### Assignment
The entries underneath need to be duplicated exactly, with none omitted.
--------------------------------
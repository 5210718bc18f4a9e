-- ===== src/Dsse/Canonical/Utf16.antt =====
-- crates/aep-core/src/dsse.rs: the order of `compare_utf16`, by the scalar values of the strings.
use Prim.Native.Nat.{Ordering}
use wasmagent_proxy.Base.{
  ℕ, ◌≡◌, ◌≢◌, ◌⊎◌, ◌<◌, ◌≤◌, ◌+◌, ◌-◌, ◌/◌, ◌%◌, inl, inr, refl, List, [], ◌∷◌, Text, All, arith,
  subst,
}
use wasmagent_proxy.Json.{compare_units}
use wasmagent_proxy.Dsse.Canonical.{encode_utf16, compare_utf16}

-- A Unicode scalar value: below the surrogates, or above them and in the range of Unicode.
abbrev pub IsScalarValue : ℕ → Type 0
IsScalarValue c = (c < 0xd800) ⊎ (0xe000 ≤ c) × (c < 0x110000)

-- UTF-16 has a scalar value before another: in their order, but that those beyond the basic
-- multilingual plane come before its last part, which is above the surrogates.
pub data ScalarBefore : ℕ → ℕ → Type 0 where
  basic : {c d : ℕ} → c < d → d < 0x10000 → ScalarBefore c d
  beyond : {c d : ℕ} → 0x10000 ≤ c → c < d → ScalarBefore c d
  low_beyond : {c d : ℕ} → c < 0xd800 → 0x10000 ≤ d → ScalarBefore c d
  beyond_high : {c d : ℕ} → 0x10000 ≤ c → 0xe000 ≤ d → d < 0x10000 → ScalarBefore c d

pub data Utf16Before : Text → Text → Type 0 where
  ends : (c : ℕ) (t : Text) → Utf16Before [] (c ∷ t)
  first : {c d : ℕ} (s t : Text) → ScalarBefore c d → Utf16Before (c ∷ s) (d ∷ t)
  later : {s t : Text} (c : ℕ) → Utf16Before s t → Utf16Before (c ∷ s) (c ∷ t)

-- The first is the second, or before it.
abbrev pub NotLater : Text → Text → Type 0
NotLater s t = (s ≡ t) ⊎ Utf16Before s t

NotLater-cons : (c d : ℕ) (s t : Text) → c ≡ d → NotLater s t → NotLater (c ∷ s) (d ∷ t)
NotLater-cons c d s t e (inl same) = inl cc
NotLater-cons c d s t e (inr before) =
    inr (subst (λ d. Utf16Before (c ∷ s) (d ∷ t)) e (later c before))

units_cases :
    (c d : ℕ) (s t : List ℕ)
    → compare_units (c ∷ s) (d ∷ t) ≢ Ordering.gt
    → (c < d) ⊎ (c ≡ d) × (compare_units s t ≢ Ordering.gt)
unfolding compare_units
units_cases c d s t h = ground arith

plane_cases : (c : ℕ) → (c < 0x10000) ⊎ (0x10000 ≤ c)
plane_cases c = ground arith

encode_basic : (c : ℕ) (s : Text) → c < 0x10000 → encode_utf16 (c ∷ s) ≡ c ∷ encode_utf16 s
unfolding encode_utf16
encode_basic c s h = ground arith

abbrev lead : ℕ → ℕ
lead c = 0xd800 + (c - 0x10000) / 0x400

abbrev trail : ℕ → ℕ
trail c = 0xdc00 + (c - 0x10000) % 0x400

encode_beyond :
    (c : ℕ) (s : Text) → 0x10000 ≤ c → encode_utf16 (c ∷ s) ≡ lead c ∷ trail c ∷ encode_utf16 s
unfolding encode_utf16
encode_beyond c s h = ground arith

leads_differ : (c d : ℕ) → 0x10000 ≤ c → lead c < lead d → c < d
leads_differ c d h l = omega arith

trails_differ : (c d : ℕ) → 0x10000 ≤ c → 0x10000 ≤ d → lead c ≡ lead d → trail c < trail d → c < d
trails_differ c d h k l t = omega arith

pairs_same : (c d : ℕ) → 0x10000 ≤ c → 0x10000 ≤ d → lead c ≡ lead d → trail c ≡ trail d → c ≡ d
pairs_same c d h k l t = omega arith

module _ (c d : ℕ) (s t : Text) (v : IsScalarValue c) (w : IsScalarValue d)
    (rest : compare_units (encode_utf16 s) (encode_utf16 t) ≢ Ordering.gt → NotLater s t) where
  basic_basic :
      c < 0x10000
      → d < 0x10000
      → compare_units (c ∷ encode_utf16 s) (d ∷ encode_utf16 t) ≢ Ordering.gt
      → NotLater (c ∷ s) (d ∷ t)
  basic_basic h k n = elim (units_cases c d (encode_utf16 s) (encode_utf16 t) n) [
    | inl less ↦ inr (first s t (basic less k))
    | inr (same, m) ↦ NotLater-cons c d s t same (rest m)
  ]

  basic_beyond :
      (us : List ℕ)
      → c < 0x10000
      → 0x10000 ≤ d
      → compare_units (c ∷ encode_utf16 s) (lead d ∷ us) ≢ Ordering.gt
      → NotLater (c ∷ s) (d ∷ t)
  basic_beyond us h k n =
      let low : c < 0xd800 = ground (arith, units_cases c (lead d) (encode_utf16 s) us n) in
      inr (first s t (low_beyond low k))

  beyond_basic :
      (us : List ℕ)
      → 0x10000 ≤ c
      → d < 0x10000
      → compare_units (lead c ∷ us) (d ∷ encode_utf16 t) ≢ Ordering.gt
      → NotLater (c ∷ s) (d ∷ t)
  beyond_basic us h k n =
      let high : 0xe000 ≤ d = ground (arith, units_cases (lead c) d us (encode_utf16 t) n) in
      inr (first s t (beyond_high h high k))

  beyond_beyond :
      0x10000 ≤ c
      → 0x10000 ≤ d
      → compare_units (lead c ∷ trail c ∷ encode_utf16 s) (lead d ∷ trail d ∷ encode_utf16 t)
        ≢ Ordering.gt
      → NotLater (c ∷ s) (d ∷ t)
  beyond_beyond h k n =
      elim (units_cases (lead c) (lead d) (trail c ∷ encode_utf16 s) (trail d ∷ encode_utf16 t) n) [
        | inl less ↦ inr (first s t (beyond h (leads_differ c d h less)))
        | inr (leads, m) ↦
            elim (units_cases (trail c) (trail d) (encode_utf16 s) (encode_utf16 t) m) [
              | inl less ↦ inr (first s t (beyond h (trails_differ c d h k leads less)))
              | inr (trails, l) ↦ NotLater-cons c d s t (pairs_same c d h k leads trails) (rest l)
            ]
      ]

  heads :
      compare_units (encode_utf16 (c ∷ s)) (encode_utf16 (d ∷ t)) ≢ Ordering.gt
      → NotLater (c ∷ s) (d ∷ t)
  heads n = elim (plane_cases c) [
    | inl h ↦ elim (plane_cases d) [
      | inl k ↦ basic_basic h k (rw (encode_basic c s h, encode_basic d t k) at n)
      | inr k ↦ basic_beyond _ h k (rw (encode_basic c s h, encode_beyond d t k) at n)
    ]
    | inr h ↦ elim (plane_cases d) [
      | inl k ↦ beyond_basic _ h k (rw (encode_beyond c s h, encode_basic d t k) at n)
      | inr k ↦ beyond_beyond h k (rw (encode_beyond c s h, encode_beyond d t k) at n)
    ]
  ]

nothing_before : (c : ℕ) (s : Text) → compare_units (encode_utf16 (c ∷ s)) [] ≡ Ordering.gt
unfolding compare_units
nothing_before c s = elim (plane_cases c) [
  | inl h ↦ rw (encode_basic c s h) refl
  | inr h ↦ rw (encode_beyond c s h) refl
]

pub compare_utf16-NotLater :
    (s t : Text)
    → All IsScalarValue s
    → All IsScalarValue t
    → compare_utf16 s t ≢ Ordering.gt
    → NotLater s t
unfolding compare_utf16 encode_utf16
compare_utf16-NotLater [] [] v w h = inl refl
compare_utf16-NotLater [] (d ∷ t) v w h = inr (ends d t)
compare_utf16-NotLater (c ∷ s) [] v w h = absurd (h (nothing_before c s))
compare_utf16-NotLater (c ∷ s) (d ∷ t) (v, vs) (w, ws) h =
    heads c d s t v w (λ r. compare_utf16-NotLater s t vs ws r) h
--------------------------------
### Response
repository 5210718bc18f4a9e
-- ===== src/Dsse/Canonical/Utf16.antt =====
-- crates/aep-core/src/dsse.rs: the order of `compare_utf16`, by the scalar values of the strings.
use Prim.Native.Nat.{Ordering}
use wasmagent_proxy.Base.{
  ℕ, ◌≡◌, ◌≢◌, ◌⊎◌, ◌<◌, ◌≤◌, ◌+◌, ◌-◌, ◌/◌, ◌%◌, inl, inr, refl, List, [], ◌∷◌, Text, All, arith,
  subst,
}
use wasmagent_proxy.Json.{compare_units}
use wasmagent_proxy.Dsse.Canonical.{encode_utf16, compare_utf16}

-- A Unicode scalar value: below the surrogates, or above them and in the range of Unicode.
abbrev pub IsScalarValue : ℕ → Type 0
IsScalarValue c = (c < 0xd800) ⊎ (0xe000 ≤ c) × (c < 0x110000)

-- UTF-16 has a scalar value before another: in their order, but that those beyond the basic
-- multilingual plane come before its last part, which is above the surrogates.
pub data ScalarBefore : ℕ → ℕ → Type 0 where
  basic : {c d : ℕ} → c < d → d < 0x10000 → ScalarBefore c d
  beyond : {c d : ℕ} → 0x10000 ≤ c → c < d → ScalarBefore c d
  low_beyond : {c d : ℕ} → c < 0xd800 → 0x10000 ≤ d → ScalarBefore c d
  beyond_high : {c d : ℕ} → 0x10000 ≤ c → 0xe000 ≤ d → d < 0x10000 → ScalarBefore c d

pub data Utf16Before : Text → Text → Type 0 where
  ends : (c : ℕ) (t : Text) → Utf16Before [] (c ∷ t)
  first : {c d : ℕ} (s t : Text) → ScalarBefore c d → Utf16Before (c ∷ s) (d ∷ t)
  later : {s t : Text} (c : ℕ) → Utf16Before s t → Utf16Before (c ∷ s) (c ∷ t)

-- The first is the second, or before it.
abbrev pub NotLater : Text → Text → Type 0
NotLater s t = (s ≡ t) ⊎ Utf16Before s t

NotLater-cons : (c d : ℕ) (s t : Text) → c ≡ d → NotLater s t → NotLater (c ∷ s) (d ∷ t)
NotLater-cons c d s t e (inl same) = inl cc
NotLater-cons c d s t e (inr before) =
    inr (subst (λ d. Utf16Before (c ∷ s) (d ∷ t)) e (later c before))

units_cases :
    (c d : ℕ) (s t : List ℕ)
    → compare_units (c ∷ s) (d ∷ t) ≢ Ordering.gt
    → (c < d) ⊎ (c ≡ d) × (compare_units s t ≢ Ordering.gt)
unfolding compare_units
units_cases c d s t h = ground arith

plane_cases : (c : ℕ) → (c < 0x10000) ⊎ (0x10000 ≤ c)
plane_cases c = ground arith

encode_basic : (c : ℕ) (s : Text) → c < 0x10000 → encode_utf16 (c ∷ s) ≡ c ∷ encode_utf16 s
unfolding encode_utf16
encode_basic c s h = ground arith

abbrev lead : ℕ → ℕ
lead c = 0xd800 + (c - 0x10000) / 0x400

abbrev trail : ℕ → ℕ
trail c = 0xdc00 + (c - 0x10000) % 0x400

encode_beyond :
    (c : ℕ) (s : Text) → 0x10000 ≤ c → encode_utf16 (c ∷ s) ≡ lead c ∷ trail c ∷ encode_utf16 s
unfolding encode_utf16
encode_beyond c s h = ground arith

leads_differ : (c d : ℕ) → 0x10000 ≤ c → lead c < lead d → c < d
leads_differ c d h l = omega arith

trails_differ : (c d : ℕ) → 0x10000 ≤ c → 0x10000 ≤ d → lead c ≡ lead d → trail c < trail d → c < d
trails_differ c d h k l t = omega arith

pairs_same : (c d : ℕ) → 0x10000 ≤ c → 0x10000 ≤ d → lead c ≡ lead d → trail c ≡ trail d → c ≡ d
pairs_same c d h k l t = omega arith

module _ (c d : ℕ) (s t : Text) (v : IsScalarValue c) (w : IsScalarValue d)
    (rest : compare_units (encode_utf16 s) (encode_utf16 t) ≢ Ordering.gt → NotLater s t) where
  basic_basic :
      c < 0x10000
      → d < 0x10000
      → compare_units (c ∷ encode_utf16 s) (d ∷ encode_utf16 t) ≢ Ordering.gt
      → NotLater (c ∷ s) (d ∷ t)
  basic_basic h k n = elim (units_cases c d (encode_utf16 s) (encode_utf16 t) n) [
    | inl less ↦ inr (first s t (basic less k))
    | inr (same, m) ↦ NotLater-cons c d s t same (rest m)
  ]

  basic_beyond :
      (us : List ℕ)
      → c < 0x10000
      → 0x10000 ≤ d
      → compare_units (c ∷ encode_utf16 s) (lead d ∷ us) ≢ Ordering.gt
      → NotLater (c ∷ s) (d ∷ t)
  basic_beyond us h k n =
      let low : c < 0xd800 = ground (arith, units_cases c (lead d) (encode_utf16 s) us n) in
      inr (first s t (low_beyond low k))

  beyond_basic :
      (us : List ℕ)
      → 0x10000 ≤ c
      → d < 0x10000
      → compare_units (lead c ∷ us) (d ∷ encode_utf16 t) ≢ Ordering.gt
      → NotLater (c ∷ s) (d ∷ t)
  beyond_basic us h k n =
      let high : 0xe000 ≤ d = ground (arith, units_cases (lead c) d us (encode_utf16 t) n) in
      inr (first s t (beyond_high h high k))

  beyond_beyond :
      0x10000 ≤ c
      → 0x10000 ≤ d
      → compare_units (lead c ∷ trail c ∷ encode_utf16 s) (lead d ∷ trail d ∷ encode_utf16 t)
        ≢ Ordering.gt
      → NotLater (c ∷ s) (d ∷ t)
  beyond_beyond h k n =
      elim (units_cases (lead c) (lead d) (trail c ∷ encode_utf16 s) (trail d ∷ encode_utf16 t) n) [
        | inl less ↦ inr (first s t (beyond h (leads_differ c d h less)))
        | inr (leads, m) ↦
            elim (units_cases (trail c) (trail d) (encode_utf16 s) (encode_utf16 t) m) [
              | inl less ↦ inr (first s t (beyond h (trails_differ c d h k leads less)))
              | inr (trails, l) ↦ NotLater-cons c d s t (pairs_same c d h k leads trails) (rest l)
            ]
      ]

  heads :
      compare_units (encode_utf16 (c ∷ s)) (encode_utf16 (d ∷ t)) ≢ Ordering.gt
      → NotLater (c ∷ s) (d ∷ t)
  heads n = elim (plane_cases c) [
    | inl h ↦ elim (plane_cases d) [
      | inl k ↦ basic_basic h k (rw (encode_basic c s h, encode_basic d t k) at n)
      | inr k ↦ basic_beyond _ h k (rw (encode_basic c s h, encode_beyond d t k) at n)
    ]
    | inr h ↦ elim (plane_cases d) [
      | inl k ↦ beyond_basic _ h k (rw (encode_beyond c s h, encode_basic d t k) at n)
      | inr k ↦ beyond_beyond h k (rw (encode_beyond c s h, encode_beyond d t k) at n)
    ]
  ]

nothing_before : (c : ℕ) (s : Text) → compare_units (encode_utf16 (c ∷ s)) [] ≡ Ordering.gt
unfolding compare_units
nothing_before c s = elim (plane_cases c) [
  | inl h ↦ rw (encode_basic c s h) refl
  | inr h ↦ rw (encode_beyond c s h) refl
]

pub compare_utf16-NotLater :
    (s t : Text)
    → All IsScalarValue s
    → All IsScalarValue t
    → compare_utf16 s t ≢ Ordering.gt
    → NotLater s t
unfolding compare_utf16 encode_utf16
compare_utf16-NotLater [] [] v w h = inl refl
compare_utf16-NotLater [] (d ∷ t) v w h = inr (ends d t)
compare_utf16-NotLater (c ∷ s) [] v w h = absurd (h (nothing_before c s))
compare_utf16-NotLater (c ∷ s) (d ∷ t) (v, vs) (w, ws) h =
    heads c d s t v w (λ r. compare_utf16-NotLater s t vs ws r) h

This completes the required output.